The right thing to do would have probably been to employ one of the teenagers in the town. They were always looking for little odd jobs to have money for penny candy and honey drippers.
But Sonny Moreau was a grown man.
No concave wisp of sinew for a torso.
No still-developing biceps challenged by the power of the lawnmower.
No strips of grass missed from the haste and inattentiveness of well-meaning youth.
Each set of awestruck eyes captured him in parts, a mosaic of man born from the feminine gaze. He didn’t know he was fragmented, splintered and made whole over and over again in a kind of secret god-sight men never knew was exerted on them by women.
Taking the pieces and arranging them abstractly could not have lessened the blunt force of Sonny.
Right now, he was on a ladder, sawing some low branches from a robust, hulking laurel oak in Mrs. Canaday’s front yard. The heat had wasted no time rolling in with its needy, selfish cling on everything it touched…including the knots of muscle that worked in Sonny’s sweat-soaked back, poorly veiled by the ribbed white tank they all wished wasn’t there.
“Oh, my Lord. I didn’t ask him to trim them branches. Just a light touch on the hedges and cut my yard down,” Mrs. Canaday noted out loud as she made her way to her door.
They saw him descend from the ladder, saw his profile: the scalp under his buzzcut glinted in the sun, the axe edge of a jawline with its flourishing stubble. Saw the light maple glaze of an arm they swore had the circumference of a tree stump. They saw Mrs. Canaday gesture toward the tree with her cane, saw Sonny nod several times. Saw him smile sheepishly. Saw Mrs. Canaday…giggle?
The force of the collective gasp from inside the house should have easily pulled Mrs. Canaday and Sonny toward it. Clara Dupree wondered aloud to no one in particular, “He gotta be like a full three heads taller than her.”

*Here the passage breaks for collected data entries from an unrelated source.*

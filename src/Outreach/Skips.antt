-- ===== src/Outreach/Skips.antt =====
-- A step that is skipped because the lead lacks the data of its channel.
use shiku_ai_powered_sales_d.Prelude.{
  Bool, List, Option, Text, [], ap, arith, false, find_row, if◌then◌else◌, length, length-append,
  none, refl, some, suc, sym, true, zero, ℕ, ◌++◌, ◌+◌, ◌==◌, ◌∙◌, ◌∷◌, ◌≡◌,
}
use shiku_ai_powered_sales_d.Store.Schema.{CampaignSequence, Db, Lead, Message, SequenceStep}
use shiku_ai_powered_sales_d.Store.Rows.{get_lead, is_sent}
use shiku_ai_powered_sales_d.Drafts.Send.{of_lead}
use shiku_ai_powered_sales_d.Outreach.Sequence.{
  NextStep, Position, Refusal, at_step, candidate_at, candidate_for, candidate_of_lead,
  find_next_sequence_step, find_sequence, ineligible, last_of, message_step_number, or_number,
  position_after, position_of, skip_step, touch_count_of, touches_of, unless_halted, waits,
}
use shiku_ai_powered_sales_d.Outreach.Claim.{
  Claim, Skipped, claim_loop, claim_next_outreach_touch, claimed, conflicted, lead_required,
  nothing_left, record_skipped_sequence_step, refused, skipped_of, unless_conflict,
}
use shiku_ai_powered_sales_d.Outreach.Eligibility.{halted-skip, touches_of-skip}
use mathlib.Core.Path.{subst, ap₂}

-- The last touch is sent and of a step whose number is not 0.
abbrev pub FollowsStep : List SequenceStep → Option Message → Type 0
FollowsStep steps none = ⊥
FollowsStep steps (some m) =
    (is_sent m.status ≡ true)
    × ((j : ℕ) × (message_step_number m.sequence_step_id steps ≡ some (suc j)))

module _ (str : ℕ → Text) (org campaign lead : ℕ) (address : Option Text) (ignore : Bool)
    (now : ℕ) where
  abbrev Follows : Db → Type 0
  Follows db = FollowsStep db.steps (last_of (touches_of org campaign lead db))

  abbrev skip : Text → NextStep → Db → Db
  skip reason n db = record_skipped_sequence_step str org campaign lead address now reason n db

  or_number-suc : (j b : ℕ) → or_number (some (suc j)) b ≡ suc j
  or_number-suc j b = ground arith

  module _ (reason : Text) (n : NextStep) (db : Db) where
    -- The count of touches does not matter where the step of the last touch is known.
    position_after-skip :
        (last : Option Message) (touches : List Message) (count count' : ℕ)
        → FollowsStep db.steps last
        → position_after campaign count last touches (skip reason n db)
          ≡ position_after campaign count' last touches db
    unfolding record_skipped_sequence_step
    position_after-skip none touches count count' h = absurd h
    position_after-skip (some m) touches count count' h =
        rw h.0 (rw h.1.1 (rw or_number-suc (rw or_number-suc refl)))

    position-skip :
        Follows db
        → position_of str org campaign lead ignore now (skip reason n db)
          ≡ position_of str org campaign lead ignore now db
    position-skip h =
        let d = skip reason n db in
        let count = touch_count_of (find_row (of_lead campaign lead) d.campaign_leads) in
        let count' = touch_count_of (find_row (of_lead campaign lead) db.campaign_leads) in
        let touches = touches_of org campaign lead db in
        ap (λ ts. position_after campaign count (last_of ts) ts d)
          (touches_of-skip str org campaign lead address now reason n db)
        ∙ position_after-skip (last_of touches) touches count count' h

    candidate_at-skip :
        (l : Lead) (k : ℕ) (last : Option ℕ) (q : Option CampaignSequence)
        → candidate_at str org campaign lead ignore now l k last q (skip reason n db)
          ≡ candidate_at str org campaign lead ignore now l k last q db
    unfolding record_skipped_sequence_step
    candidate_at-skip l k last none = refl
    candidate_at-skip l k last (some q) = refl

    candidate_for-skip :
        (l : Lead) (at : Position)
        → candidate_for str org campaign lead ignore now l at (skip reason n db)
          ≡ candidate_for str org campaign lead ignore now l at db
    unfolding record_skipped_sequence_step
    candidate_for-skip l (waits step status) = refl
    candidate_for-skip l (at_step k last) =
        candidate_at-skip l k last (find_sequence str org campaign lead ignore now k db.sequences)

    candidate_of_lead-skip :
        (o : Option Lead)
        → Follows db
        → candidate_of_lead str org campaign lead ignore now o (skip reason n db)
          ≡ candidate_of_lead str org campaign lead ignore now o db
    candidate_of_lead-skip none h = refl
    candidate_of_lead-skip (some l) h =
        let at = position_of str org campaign lead ignore now db in
        let same =
          ap (λ at. candidate_for str org campaign lead ignore now l at (skip reason n db))
            (position-skip h)
          ∙ candidate_for-skip l at in
        ap (λ c. if l.email_opt_out then ineligible Refusal.opted_out else c)
          (ap₂ unless_halted (halted-skip str org campaign lead address now reason n db) same)

    find_next-skip :
        Follows db
        → find_next_sequence_step str org campaign lead ignore now (skip reason n db)
          ≡ find_next_sequence_step str org campaign lead ignore now db
    unfolding find_next_sequence_step record_skipped_sequence_step
    find_next-skip h = candidate_of_lead-skip (get_lead lead db.leads) h

    Follows-skip : Follows db → Follows (skip reason n db)
    unfolding record_skipped_sequence_step
    Follows-skip h =
        subst (λ t. FollowsStep db.steps (last_of t))
          (sym (touches_of-skip str org campaign lead address now reason n db)) h

    length-skip : length (skip reason n db).messages ≡ length db.messages + 1
    unfolding record_skipped_sequence_step
    length-skip = length-append db.messages _

  -- The lead is stuck: the turns find the same step and leave it out, each with a failed message.
  stuck_loop :
      (reason : Text) (n : NextStep) (turns : ℕ) (skipped : List Skipped) (db : Db)
      → Follows db
      → find_next_sequence_step str org campaign lead ignore now db ≡ skip_step reason n
      → let (c, d) = claim_loop str org campaign lead address now ignore turns skipped db in
        (c ≡ nothing_left)
        × (find_next_sequence_step str org campaign lead ignore now d ≡ skip_step reason n)
        × (length d.messages ≡ length db.messages + turns)
  unfolding claim_loop
  stuck_loop reason n zero skipped db h e = (refl, e, omega arith)
  stuck_loop reason n (suc turns) skipped db h e =
      let ih =
        stuck_loop reason n turns
          (skipped ++ skipped_of str org campaign lead address now reason n ∷ []) (skip reason n db)
          (Follows-skip reason n db h) (find_next-skip reason n db h ∙ e) in
      rw e (ih.0, ih.1, omega (arith, ih.2, length-skip reason n db))

conflict-nothing :
    (org campaign lead : ℕ) (db : Db) (r : Claim × Db)
    → r.0 ≡ nothing_left
    → unless_conflict org campaign lead db r ≡ r
conflict-nothing org campaign lead db (claimed k n ss, d) e = absurd (cc)
conflict-nothing org campaign lead db (lead_required, d) e = refl
conflict-nothing org campaign lead db (nothing_left, d) e = refl
conflict-nothing org campaign lead db (conflicted, d) e = refl
conflict-nothing org campaign lead db (refused r, d) e = refl

-- If the last touch of a lead is sent and of a step that has a number, and the lead lacks the data of
-- the channel of the next step, a call of `_claim_next_outreach_touch` reserves nothing, adds five
-- messages for the one step and leaves the lead where it was: the next step is the same and is
-- skipped again. The sequence does not advance.
pub claim_next_outreach_touch-stuck :
    (str : ℕ → Text) (org campaign lead : ℕ) (address : Option Text) (ignore : Bool) (now : ℕ)
    (reason : Text) (n : NextStep) (db : Db)
    → (lead == 0) ≡ false
    → FollowsStep db.steps (last_of (touches_of org campaign lead db))
    → find_next_sequence_step str org campaign lead ignore now db ≡ skip_step reason n
    → let (c, d) = claim_next_outreach_touch str org campaign (some lead) address ignore now db in
      (c ≡ nothing_left)
      × (find_next_sequence_step str org campaign lead ignore now d ≡ skip_step reason n)
      × (length d.messages ≡ length db.messages + 5)
unfolding claim_next_outreach_touch
claim_next_outreach_touch-stuck str org campaign lead address ignore now reason n db f h e =
    let r = claim_loop str org campaign lead address now ignore 5 [] db in
    let stuck = stuck_loop str org campaign lead address ignore now reason n 5 [] db h e in
    rw f (
      subst
        (λ (x : Claim × Db).
          (x.0 ≡ nothing_left)
          × (find_next_sequence_step str org campaign lead ignore now x.1 ≡ skip_step reason n)
          × (length x.1.messages ≡ length db.messages + 5))
        (sym (conflict-nothing org campaign lead db r stuck.0)) stuck)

One might say there weren’t necessarily many white folks in St. Legere. Just…enough. Sonny was one of them, but without saying it, they got the collective sense that there was something exotic about him no one could quite place or articulate. When he spoke, they felt the shadow of an unplaceable accent more than they heard it. An echo of some foreign place you could’ve learned about in Clara’s class back when she was a history teacher. The mark of someone who not only didn’t grow up in St. Legere, but who had perhaps at one point had an idea to just pass through, and ended up settling and making a life in the little enclave from wherever he came from or had been.
Sonny didn’t seem like the kind of man another city might spit out from not liking the taste of him, but you never really knew about these things.